The Coming Obama Judiciary
by Jonathan Singer, Wed Mar 11, 2009 at 07:06:06 AM EDT
During the tenures George W. Bush, George H.W. Bush and Ronald Reagan, the White House went to great lengths to stock the federal judiciary with strong conservatives. To this end, the Bush, Bush and Reagan administrations not only sought ideologues, but relatively young ones, at that, who could influence policy for decades to come and serve as the training ground for potential Supreme Court vacancies in the future (see, e.g., Samuel Alito, nominated by the senior Bush to the Third Circuit Court of Appeals before he turned 40, and by the younger Bush to the Supreme Court at age 56).
With the Obama administration taking over the reins of shaping the federal judiciary, will it endeavor to follow recent precedent in the hopes of restoring some balance to the bench? At least according to the initial tea leaves being read by The New York Times' Neil A. Lewis, perhaps not.

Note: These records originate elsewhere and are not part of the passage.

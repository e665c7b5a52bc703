-- ===== src/Timer/Examples.antt =====
-- A timer that sends once, and one that is cancelled as it sends.
use protoactor_cpp.Base.{◌+◌, ◌≤◌, ◌≡◌, refl, true, List, [], ◌∷◌, if◌then◌else◌}
use protoactor_cpp.Timer.{
  Move, thread, cancel, ready, new_once, once_step, once_run, new_repeated, repeated_step,
  repeated_run,
}
use protoactor_cpp.Timer.Cancelling.{is_returned, is_called, is_ended, repeated_run_cancelled}

abbrev moves : List Move
moves = thread ∷ cancel ∷ thread ∷ cancel ∷ []

once_returned : is_returned (once_run new_once moves).call ≡ true
unfolding once_run once_step new_once
once_returned = refl

-- The thread has passed both tests when the cancel call begins.
abbrev as_it_sends : List Move
as_it_sends = ready ∷ thread ∷ thread ∷ thread ∷ thread ∷ thread ∷ cancel ∷ []

repeated_called : is_called (repeated_run new_repeated as_it_sends).call ≡ true
unfolding repeated_run repeated_step new_repeated
repeated_called = refl

repeated_run_cancelled_example :
    let t = repeated_run new_repeated as_it_sends in
    ((repeated_run t (thread ∷ thread ∷ [])).sent ≤ t.sent + (if is_returned t.call then 0 else 1))
    × (is_ended (repeated_run t (thread ∷ thread ∷ thread ∷ [])).phase ≡ true)
repeated_run_cancelled_example =
    repeated_run_cancelled as_it_sends (thread ∷ thread ∷ []) repeated_called
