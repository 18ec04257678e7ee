-- ===== src/Auth/Rotation.antt =====
-- About the refresh tokens of services/auth.py.
pub mod Rows
pub mod OneLive
pub mod Reach
pub mod Replay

To fill a seat [on the Fourth Circuit] that traditionally goes to someone from Maryland, officials said the White House was considering nominating Andre Davis, a District Court judge based in Baltimore.There are several candidates for the Virginia seat, including Elizabeth Magill, a law professor at the University of Virginia and daughter of a former federal appeals court judge.

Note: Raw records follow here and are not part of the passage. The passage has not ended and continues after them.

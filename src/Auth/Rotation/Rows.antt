-- ===== src/Auth/Rotation/Rows.antt =====
-- The token table: primary keys, live tokens, and how the updates of Auth/Store.antt change them.
use hotel_server_v.Base.{
  ℕ, String, ◌+◌, ◌≡◌, refl, ◌≢◌, Bool, false, not, ◌&&◌, some, List, [], ◌∷◌, ◌++◌, arith, ◌==◌,
  nat_eq, string_eq, string_eq_iff, ◌||◌, inl, inr, ◌∙◌, Bool-cases, eqb_iff, if◌then◌else◌,
  count_if, is_some, any,
}
use hotel_server_v.Auth.Store.{RefreshToken, get_by_hash, put_token, revoke_one, revoke_family}

abbrev pub has_id : ℕ → List RefreshToken → Bool
has_id k ts = any (λ t. t.id == k) ts

-- No two rows have one primary key.
abbrev pub IsKeyed : List RefreshToken → Type 0
IsKeyed [] = Unit
IsKeyed (t ∷ ts) = (has_id t.id ts ≡ false) × IsKeyed ts

abbrev pub live : ℕ → RefreshToken → Bool
live f t = t.family_id == f && not (is_some t.revoked_at)

abbrev pub live_count : ℕ → List RefreshToken → ℕ
live_count f ts = count_if (live f) ts

abbrev pub one_if : Bool → ℕ
one_if b = if b then 1 else 0

found-ne :
    (h : String) (k : ℕ) (t : RefreshToken) (ts : List RefreshToken)
    → has_id k ts ≡ false
    → get_by_hash h ts ≡ some t
    → t.id ≢ k
unfolding get_by_hash
found-ne h k t [] a e = cc
found-ne h k t (x ∷ ts) a e = ground (arith, found-ne h k t ts)

-- The row that a query by hash finds has that hash.
pub get_by_hash-token_hash :
    (h : String) (t : RefreshToken) (ts : List RefreshToken)
    → get_by_hash h ts ≡ some t
    → t.token_hash ≡ h
unfolding get_by_hash
get_by_hash-token_hash h t [] e = cc
get_by_hash-token_hash h t (x ∷ ts) e =
    ground (arith, string_eq_iff x.token_hash h, get_by_hash-token_hash h t ts)

module _ (h : String) (old new : RefreshToken) (same_id : new.id ≡ old.id) where
  -- Writing the found row back exchanges its part of the count for the new one.
  pub live_count-put_token :
      (f : ℕ) (ts : List RefreshToken)
      → IsKeyed ts
      → get_by_hash h ts ≡ some old
      → live_count f (put_token new ts) + one_if (live f old)
        ≡ live_count f ts + one_if (live f new)
  unfolding get_by_hash put_token
  live_count-put_token f [] k e = cc
  live_count-put_token f (x ∷ ts) k e =
      ground (arith, live_count-put_token f ts k.1, found-ne h x.id old ts k.0)

  pub get_by_hash-put_token :
      (ts : List RefreshToken)
      → IsKeyed ts
      → new.token_hash ≡ h
      → get_by_hash h ts ≡ some old
      → get_by_hash h (put_token new ts) ≡ some new
  unfolding get_by_hash put_token
  get_by_hash-put_token [] k n e = cc
  get_by_hash-put_token (x ∷ ts) k n e = ground (
    arith,
    get_by_hash-put_token ts k.1 n,
    found-ne h x.id old ts k.0,
    string_eq_iff new.token_hash h,
  )

has_id-put_token :
    (k : ℕ) (new : RefreshToken) (ts : List RefreshToken)
    → has_id k (put_token new ts) ≡ has_id k ts
unfolding put_token
has_id-put_token k new [] = refl
has_id-put_token k new (x ∷ ts) = ground (arith, has_id-put_token k new ts)

pub IsKeyed-put_token :
    (new : RefreshToken) (ts : List RefreshToken) → IsKeyed ts → IsKeyed (put_token new ts)
unfolding put_token
IsKeyed-put_token new [] k = tt
IsKeyed-put_token new (x ∷ ts) k = elim (Bool-cases (x.id == new.id)) [
  | inl e ↦ rw e (rw (← (eqb_iff x.id new.id).0 e) k)
  | inr e ↦ rw e (has_id-put_token x.id new ts ∙ k.0, IsKeyed-put_token new ts k.1)
]

has_id-append_one :
    (k : ℕ) (new : RefreshToken) (ts : List RefreshToken)
    → has_id k (ts ++ new ∷ []) ≡ (has_id k ts || new.id == k)
has_id-append_one k new [] = ground arith
has_id-append_one k new (x ∷ ts) = ground (arith, has_id-append_one k new ts)

pub IsKeyed-append_one :
    (new : RefreshToken) (ts : List RefreshToken)
    → has_id new.id ts ≡ false
    → IsKeyed ts
    → IsKeyed (ts ++ new ∷ [])
IsKeyed-append_one new [] a k = (refl, tt)
IsKeyed-append_one new (x ∷ ts) a k =
    (ground (arith, has_id-append_one x.id new ts), IsKeyed-append_one new ts (ground arith) k.1)

pub live_count-append_one :
    (f : ℕ) (new : RefreshToken) (ts : List RefreshToken)
    → live_count f (ts ++ new ∷ []) ≡ live_count f ts + one_if (live f new)
live_count-append_one f new [] = ground arith
live_count-append_one f new (x ∷ ts) = ground (arith, live_count-append_one f new ts)

pub get_by_hash-append_one :
    (h : String) (t new : RefreshToken) (ts : List RefreshToken)
    → get_by_hash h ts ≡ some t
    → get_by_hash h (ts ++ new ∷ []) ≡ some t
unfolding get_by_hash
get_by_hash-append_one h t new [] e = cc
get_by_hash-append_one h t new (x ∷ ts) e = ground (arith, get_by_hash-append_one h t new ts)

-- Revoking a family leaves none of its tokens live, and the other families as they were.
pub live_count-revoke_family :
    (f g now : ℕ) (ts : List RefreshToken)
    → live_count g (revoke_family f now ts) ≡ (if g == f then 0 else live_count g ts)
unfolding revoke_family
live_count-revoke_family f g now [] = ground arith
live_count-revoke_family f g now (x ∷ ts) = ground (arith, live_count-revoke_family f g now ts)

has_id-revoke_family :
    (k f now : ℕ) (ts : List RefreshToken) → has_id k (revoke_family f now ts) ≡ has_id k ts
unfolding revoke_family
has_id-revoke_family k f now [] = refl
has_id-revoke_family k f now (x ∷ ts) = ground (arith, has_id-revoke_family k f now ts)

revoke_one-id : (f now : ℕ) (t : RefreshToken) → (revoke_one f now t).id ≡ t.id
revoke_one-id f now t = ground arith

pub IsKeyed-revoke_family :
    (f now : ℕ) (ts : List RefreshToken) → IsKeyed ts → IsKeyed (revoke_family f now ts)
unfolding revoke_family
IsKeyed-revoke_family f now [] k = tt
IsKeyed-revoke_family f now (x ∷ ts) k = (
  rw (revoke_one-id f now x) (has_id-revoke_family x.id f now ts ∙ k.0),
  IsKeyed-revoke_family f now ts k.1,
)
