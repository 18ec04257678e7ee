-- ===== src/Auth/Rotation/OneLive.antt =====
-- The invariant of the token table, and what one refresh of services/auth.py does to it.
use hotel_server_v.Base.{
  ℕ, String, ◌≤◌, ◌≡◌, refl, false, ◌⊎◌, inl, inr, Option, none, some, [], ◌∷◌, ◌++◌, arith,
  Bool-cases, Option-cases, any, ◌==◌, string_eq, leb, not, is_some, ◌&&◌, ◌||◌,
}
use hotel_server_v.Base.Exec.{request}
use hotel_server_v.Base.Text.{Unicode}
use hotel_server_v.Auth.Store.{
  is_active, RefreshToken, Accounts, get_by_hash, get_by_id, put_token, revoke_family,
}
use hotel_server_v.Auth.Security.{Crypto, Claims, JwtConfig, Draw, hash_token_identifier}
use hotel_server_v.Auth.Service.{of_family, refresh_row, rotate, refresh}
use hotel_server_v.Auth.Rotation.Rows.{
  IsKeyed, has_id, live_count, live_count-put_token, IsKeyed-put_token, IsKeyed-append_one,
  live_count-append_one, get_by_hash-append_one, live_count-revoke_family, IsKeyed-revoke_family,
}

pub record IsValid (d : Accounts) : Type 0 where
  pub keyed : IsKeyed d.tokens
  pub one_live : (f : ℕ) → live_count f d.tokens ≤ 1

-- The identifiers that `uuid4` drew are not in use.
pub record IsFresh (draw : Draw) (d : Accounts) : Type 0 where
  pub new_id : has_id draw.token_id d.tokens ≡ false
  pub new_family : live_count draw.family_id d.tokens ≡ 0

module _ (c : Crypto) (config : JwtConfig) (u : Unicode) (draw : Draw)
    (agent ip : Option String) where
  abbrev pub spent : RefreshToken → RefreshToken
  spent stored = record stored { revoked_at = some draw.now; replaced_by_id = some draw.token_id }

  abbrev pub rotated : RefreshToken → ℕ → Accounts → Accounts
  rotated stored user_id d = record d {
    tokens =
        put_token (spent stored)
          (d.tokens ++ refresh_row c config u draw user_id stored.family_id agent ip ∷ []);
  }

  -- A rotation changes nothing, or retires the presented row and adds its successor.
  pub rotate-cases :
      (stored : RefreshToken) (d : Accounts)
      → let d' = (request (rotate c config u draw stored agent ip) d).1 in
        (d' ≡ d) ⊎ ((user_id : ℕ) × (d' ≡ rotated stored user_id d))
  unfolding rotate
  rotate-cases stored d = elim (Option-cases (get_by_id stored.user_id d.users)) [
    | inl e ↦ inl (ground arith)
    | inr (user, e) ↦
        elim (Bool-cases (
          leb stored.expires_at draw.now
          || not (is_active user.status)
          || any (λ t. t.token_hash == hash_token_identifier c draw.refresh_jti) d.tokens)) [
            | inl p ↦ inl (ground arith)
            | inr p ↦ inr (user.id, ground arith)
          ]
  ]

  -- A presented token of the family `f` is a row that is neither revoked nor replaced.
  abbrev pub Unused : RefreshToken → Type 0
  Unused stored = (stored.revoked_at ≡ none) × (stored.replaced_by_id ≡ none)

  -- What `refresh` may do to the stored data: nothing, revoke a family, or rotate an unused row.
  abbrev pub Outcome : Accounts → Accounts → Type 0
  Outcome d d' =
      (d' ≡ d)
      ⊎ ((f : ℕ) × (d' ≡ record d { tokens = revoke_family f draw.now d.tokens }))
      ⊎ ((h : String) × (stored : RefreshToken) × (get_by_hash h d.tokens ≡ some stored)
          × Unused stored
          × (d' ≡ (request (rotate c config u draw stored agent ip) d).1))

  refresh_row-cases :
      (token : String) (p : Claims) (stored : RefreshToken) (d : Accounts)
      → c.decode draw.now token ≡ some p
      → get_by_hash (hash_token_identifier c p.jti) d.tokens ≡ some stored
      → Outcome d (request (refresh c config u draw token agent ip) d).1
  unfolding refresh
  refresh_row-cases token p stored d e g = elim (Option-cases p.family) [
    | inl no_family ↦ inl (ground arith)
    | inr (f, e_f) ↦
        elim (Bool-cases (p.type == "refresh" && is_some (of_family c config u f (some stored)))) [
          | inl fits ↦
              elim (Bool-cases (is_some stored.revoked_at || is_some stored.replaced_by_id)) [
                | inl used ↦ inr (inl (stored.family_id, ground arith))
                | inr unused ↦ inr (
                    inr (
                      hash_token_identifier c p.jti,
                      stored,
                      g,
                      (ground arith, ground arith),
                      ground arith,
                    ))
              ]
          | inr other ↦ inl (ground arith)
        ]
  ]

  pub refresh-cases :
      (token : String) (d : Accounts)
      → Outcome d (request (refresh c config u draw token agent ip) d).1
  unfolding refresh
  refresh-cases token d = elim (Option-cases (c.decode draw.now token)) [
    | inl e ↦ inl (ground arith)
    | inr (p, e) ↦ elim (Option-cases (get_by_hash (hash_token_identifier c p.jti) d.tokens)) [
      | inl g ↦ inl (ground arith)
      | inr (stored, g) ↦ refresh_row-cases token p stored d e g
    ]
  ]

  rotated-IsValid :
      (h : String) (stored : RefreshToken) (user_id : ℕ) (d : Accounts)
      → get_by_hash h d.tokens ≡ some stored
      → Unused stored
      → IsFresh draw d
      → IsValid d
      → IsValid (rotated stored user_id d)
  rotated-IsValid h stored user_id d e n fresh v =
      let new : RefreshToken = refresh_row c config u draw user_id stored.family_id agent ip in
      let keyed : IsKeyed (d.tokens ++ new ∷ []) =
        IsKeyed-append_one new d.tokens fresh.new_id v.keyed in
      record {
        keyed = IsKeyed-put_token (spent stored) (d.tokens ++ new ∷ []) keyed;
        one_live = λ f. ground (
          arith,
          n.0,
          v.one_live f,
          live_count-append_one f new d.tokens,
          live_count-put_token h stored (spent stored) refl f (d.tokens ++ new ∷ []) keyed
              (get_by_hash-append_one h stored new d.tokens e),
        );
      }

  revoke_family-IsValid :
      (f : ℕ) (d : Accounts)
      → IsValid d
      → IsValid (record d { tokens = revoke_family f draw.now d.tokens })
  revoke_family-IsValid f d v = record {
    keyed = IsKeyed-revoke_family f draw.now d.tokens v.keyed;
    one_live = λ g. ground (arith, live_count-revoke_family f g draw.now d.tokens, v.one_live g);
  }

  -- A call of `refresh` keeps the invariant, whatever token is presented and however it ends.
  pub refresh-IsValid :
      (token : String) (d : Accounts)
      → IsFresh draw d
      → IsValid d
      → IsValid (request (refresh c config u draw token agent ip) d).1
  refresh-IsValid token d fresh v = elim (refresh-cases token d) [
    | inl e ↦ rw e v
    | inr (inl (f, e)) ↦ rw e (revoke_family-IsValid f d v)
    | inr (inr (h, stored, g, n, e)) ↦ elim (rotate-cases stored d) [
      | inl same ↦ rw (e, same) v
      | inr (user_id, r) ↦ rw (e, r) (rotated-IsValid h stored user_id d g n fresh v)
    ]
  ]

For the United States Court of Appeals for the Second Circuit, based in New York, officials said the White House had settled on elevating Judge Gerard E. Lynch, a Columbia law professor, from the District Court.
[...]
At least so far, the candidates being considered by the Obama White House for early nomination do not appear to have especially ideological profiles.
I don't know anything about the three names floated above, so I can only take at face value the assertion that they "do not appear to have especially ideological profiles." But from what I am able to gather about them, they do, with the exception of Elizabeth Magill, differ from many of the appointees of the recent Republican administrations in a key area: Their age.
Judging by her CV, which states she graduated from Yale in 1988, Professor Magill appears to be somewhere in the neighborhood of 42 years of age, putting her in the range of the age of many of the Republican-appointees. Judge Gerard Lynch, however, is 57 or 58 years old, and judge Andre Davis is 60 years old.
This all isn't to say that the Obama administration would be well served by taking an ageist approach that leads to the selection of only those below the age of 45 or 50 to the federal circuit. The folly of such a strategy is so plain that it need not be expounded on. What's more, the administration shouldn't necessarily only pick ideologues for the bench, either. That said, considering that the composition of the federal judiciary is already more than 60 percent Republican nominees, many of whom are both young and strong conservatives, a strategy of excessive caution in nominations -- particularly with the largest Democratic majority the Senate has seen in nearly 30 years, and the most progressive Senate in generations -- does not appear warranted, either.